In the above example, the second handler will always win, and the request will be aborted because abort's priority of 2 is greater than continue's priority of 1.

Using the chrome devtools protocol directly to block images with puppeteer

It's also possible to drop down a level of abstraction and use the underlying chrome devtools protocol (CDP) in order to start intercepting requests.

First, we need to get a handle to a CDP session and enable the Fetch domain. The fetch domain allows us to substitute the browser's network layer with our own custom code.

When enabling the fetch domain, we pass in a urlPattern which filters the requests that we want to intercept based on their URL. In our example, we want to intercept all requests, so we use the wildcard * as the urlPattern.

puppeteer-block-images-cdp.js

 
const client = await page.target().createCDPSession();
 
await client.send("Fetch.enable", {
    //see: https://chromedevtools.github.io/devtools-protocol/tot/Fetch#type-RequestPattern
    // handleAuthRequests: true,
    patterns: [
      {
        urlPattern: "*",
        requestStage: "Request",
      },
    ],
  });

Next we need to setup an event handler for the Fetch.requestPaused event.

This event gets fired when a request matching the urlPattern is received.

Within this event handler function, we run custom code to decide what to do with each individual request.

As this post is about blocking image requests, we'll check the resourceType of the request and if it's an Image, we can abort the request.

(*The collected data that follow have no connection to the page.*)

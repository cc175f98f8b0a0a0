-- ===== src/Waeio/Ready.antt =====
-- src/waeio.c: the first loop of `run_next` makes no access out of range.
use waeio.Prelude.{
  append_assoc, ℕ, ◌≡◌, ◌<◌, ◌++◌, refl, sym, ◌∙◌, ap, subst, Bool, true, false, List, [], Option,
  some, Outcome, done, aborted, ◌>>=◌, to_u32,
}
use waeio.Wasio.Table.{State}
use waeio.Wasio.Table.Invariant.{IsTable}
use waeio.Waeio.{
  cmd_arg, CmdTag, accept, async, suspend, recv, send, quit, FiberResult, fiber_ok, fiber_error,
  fiber_yield, FiberClosure, Queue, nil, wild, node, Resumed, Fibers, Ctl, handle_request,
  run_ready,
}
use waeio.Waeio.Requeueing.{queued, IsEnded, continue, resumed, run_ready-node}
use waeio.Waeio.Requests.{goes_on, IsCtl, Kept, Handled, aborts, keeps, handle_request-Handled}

module _ {W M : Type 0} (lib : Fibers W M) where
  -- What the scheduler relies on of its fibers: they use the backend by its operations, which keep
  -- the table and its capacity, and a command names a descriptor of the table where the code reads
  -- one.
  pub record FibersBehave : Type 0 where
    pub keep_table :
        (m : M) (w : State W) (fiber : ℕ) (arg : _)
        → IsTable w.wfd
        → IsTable (lib.fiber_resume m w fiber arg).wasio.wfd
    pub keep_capacity :
        (m : M) (w : State W) (fiber : ℕ) (arg : _)
        → (lib.fiber_resume m w fiber arg).wasio.wfd.capacity ≡ w.wfd.capacity
    pub name_entries :
        (m : M) (w : State W) (fiber : ℕ) (arg : _)
        → IsTable w.wfd
        → to_u32 (cmd_arg (lib.fiber_resume m w fiber arg).payload) < w.wfd.capacity

  -- What the fiber of a closure gives when it is resumed.
  abbrev pub resumption : Ctl W M → FiberClosure → Resumed W M
  resumption ctl clo = lib.fiber_resume ctl.memory ctl.wasio clo.fiber clo.arg

  -- From a front queue and a state the loop comes to another, by requests that let it go on.
  pub data Visits : Queue → Ctl W M → Queue → Ctl W M → Type 0 where
    here : {q : Queue} {ctl : Ctl W M} → Visits q ctl q ctl
    passes :
        {clo : FiberClosure} {q q' : Queue} {ctl mid ctl' : Ctl W M}
        → handle_request lib
            (resumed lib ctl clo q)
            clo.fiber
            (resumption ctl clo).status
            (resumption ctl clo).payload
          ≡ done (true, mid)
        → Visits q mid q' ctl'
        → Visits (node clo q) ctl q' ctl'

  -- A fiber that the loop comes to fails when it is resumed.
  pub record Fails (q : Queue) (ctl : Ctl W M) : Type 0 where
    pub clo : FiberClosure
    pub behind : Queue
    pub at : Ctl W M
    pub visits : Visits q ctl (node clo behind) at
    pub failed : (resumption at clo).status ≡ fiber_error

  -- A fiber that the loop comes to yields QUIT.
  pub record Quits (q : Queue) (ctl : Ctl W M) : Type 0 where
    pub clo : FiberClosure
    pub behind : Queue
    pub at : Ctl W M
    pub visits : Visits q ctl (node clo behind) at
    pub yielded : (resumption at clo).status ≡ fiber_yield
    pub asked : (resumption at clo).payload.tag ≡ quit

  -- The loop's end: an abort, for a fiber that failed, or a state with the invariant in which the rear
  -- queue has kept its fibers. Either a fiber asked to quit, or the front queue is empty and every
  -- fiber has been resumed.
  pub data Ready (q : Queue) (ctl : Ctl W M)
      : Outcome (Bool × Option FiberResult × Ctl W M) → Type 0 where
    stops : Fails q ctl → Ready q ctl aborted
    goes :
        (keep_going : Bool) (last : Option FiberResult) (after : Ctl W M)
        → IsCtl after
        → after.max_conns ≡ ctl.max_conns
        → (keep_going ≡ true → (after.frontq ≡ nil) × Visits q ctl nil after)
        → (keep_going ≡ false → Quits q ctl)
        → (IsEnded ctl.rearq → IsEnded after.rearq)
        → (added : List ℕ) → queued after.rearq ≡ added ++ queued ctl.rearq
        → Ready q ctl (done (keep_going, last, after))

  resumed-IsCtl :
      FibersBehave
      → (ctl : Ctl W M) (clo : FiberClosure) (q : Queue) → IsCtl ctl
      → IsCtl (resumed lib ctl clo q)
  resumed-IsCtl b ctl clo q c = record {
    table = b.keep_table ctl.memory ctl.wasio clo.fiber clo.arg c.table;
    capacity_is = b.keep_capacity ctl.memory ctl.wasio clo.fiber clo.arg ∙ c.capacity_is;
    room = c.room;
  }

  module _ (ctl : Ctl W M) (clo : FiberClosure) (q : Queue) where
    abbrev before : Ctl W M
    before = resumed lib ctl clo q

    abbrev gives : Resumed W M
    gives = resumption ctl clo

    abbrev handled : Outcome (Bool × Ctl W M)
    handled = handle_request lib before clo.fiber gives.status gives.payload

    later-Fails :
        (mid : Ctl W M) → handled ≡ done (true, mid) → Fails q mid → Fails (node clo q) ctl
    later-Fails mid e x = record {
      clo = x.clo;
      behind = x.behind;
      at = x.at;
      visits = passes e x.visits;
      failed = x.failed;
    }

    later-Quits :
        (mid : Ctl W M) → handled ≡ done (true, mid) → Quits q mid → Quits (node clo q) ctl
    later-Quits mid e x = record {
      clo = x.clo;
      behind = x.behind;
      at = x.at;
      visits = passes e x.visits;
      yielded = x.yielded;
      asked = x.asked;
    }

    later-Ready :
        (mid : Ctl W M) {o : Outcome (Bool × Option FiberResult × Ctl W M)}
        → handled ≡ done (true, mid)
        → Kept lib before gives.status mid
        → Ready q mid o
        → Ready (node clo q) ctl o
    later-Ready mid e k (stops x) = stops (later-Fails mid e x)
    later-Ready mid e k (goes b last after c m front quits h more e') =
        goes b last after c (m ∙ k.same_max) (λ yes. ((front yes).0, passes e (front yes).1))
          (λ no. later-Quits mid e (quits no)) (λ x. h (k.ended x)) (more ++ k.added)
          (e' ∙ ap (λ l. more ++ l) k.rear_is ∙ sym (append_assoc more k.added (queued ctl.rearq)))

    stopped-Quits :
        (status : FiberResult) (tag : CmdTag)
        → gives.status ≡ status
        → gives.payload.tag ≡ tag
        → false ≡ goes_on status tag
        → Quits (node clo q) ctl
    unfolding goes_on
    stopped-Quits fiber_yield quit s t e = record {
      clo = clo;
      behind = q;
      at = ctl;
      visits = here;
      yielded = s;
      asked = t;
    }
    stopped-Quits fiber_yield accept s t e = cc
    stopped-Quits fiber_yield async s t e = cc
    stopped-Quits fiber_yield suspend s t e = cc
    stopped-Quits fiber_yield recv s t e = cc
    stopped-Quits fiber_yield send s t e = cc
    stopped-Quits fiber_ok tag s t e = cc
    stopped-Quits fiber_error tag s t e = cc

    next-Ready :
        (o : Outcome (Bool × Ctl W M))
        → handled ≡ o
        → Handled lib before gives.status gives.payload o
        → ((after : Ctl W M)
            → Kept lib before gives.status after
            → Ready q after (run_ready lib q after (some gives.status)))
        → Ready (node clo q) ctl (o >>= continue lib q gives.status)
    next-Ready o e (aborts failed) rest =
        stops (record { clo = clo; behind = q; at = ctl; visits = here; failed = failed })
    next-Ready o e (keeps true after k on) rest = later-Ready after e k (rest after k)
    next-Ready o e (keeps false after k on) rest =
        goes false (some gives.status) after k.invariant k.same_max (λ e. cc)
          (λ no. stopped-Quits gives.status gives.payload.tag refl refl on) k.ended k.added
          k.rear_is

  -- With fibers that keep the table and its capacity and name descriptors of the table where the
  -- code reads one, the first loop of `run_next`, over a front queue that ends with NULL and from a
  -- state with the invariant, makes no access out of range. It aborts only when it comes, by
  -- requests that let it go on, to a fiber that fails when it is resumed. Otherwise it ends with the
  -- invariant and with every fiber that was in the rear queue still there; it stops early only for a
  -- fiber that yields QUIT, and else with an empty front queue, when every fiber of the queue has
  -- been resumed.
  pub run_ready-Ready :
      (q : Queue) (ctl : Ctl W M) (status : Option FiberResult)
      → FibersBehave
      → IsCtl ctl
      → IsEnded q
      → ctl.frontq ≡ q
      → Ready q ctl (run_ready lib q ctl status)
  unfolding run_ready IsEnded
  run_ready-Ready nil ctl status b c ended front =
      goes true status ctl c refl (λ e. (front, here)) (λ e. cc) (λ h. h) [] refl
  run_ready-Ready wild ctl status b c ended front = absurd ended
  run_ready-Ready (node clo q) ctl status b c ended front =
      let r = resumption ctl clo in
      let here =
        handle_request-Handled lib (resumed lib ctl clo q) clo.fiber r.status r.payload
          (resumed-IsCtl b ctl clo q c)
          (subst (λ n. to_u32 (cmd_arg r.payload) < n) c.capacity_is
            (b.name_entries ctl.memory ctl.wasio clo.fiber clo.arg c.table)) in
      subst (Ready (node clo q) ctl)
        (sym (run_ready-node lib clo q ctl status r.status r.payload refl refl))
        (next-Ready ctl clo q _ refl here
          (λ after k. run_ready-Ready q after (some r.status) b k.invariant ended k.same_front))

//see: https://chromedevtools.github.io/devtools-protocol/tot/Fetch#event-requestPaused
client.on("Fetch.requestPaused", async (event: any) => {
  const {
    request,
    resourceType
  } = event;
  const { url, method } = request;
  if(resourceType === "Image") {
    console.log("Blocking image request: " + url);
    await client.send("Fetch.failRequest", {
      requestId,
      errorReason: "BlockedByClient",
    });
    return;
  } 
    await client.send("Fetch.continueRequest", {
      requestId,
    });
});

Running this will give us the same behaviour as the request interception examples above.

We could also check for other resource types here, such as fonts, scripts and stylesheets and decide to block those too, as this will save us extra bandwidth.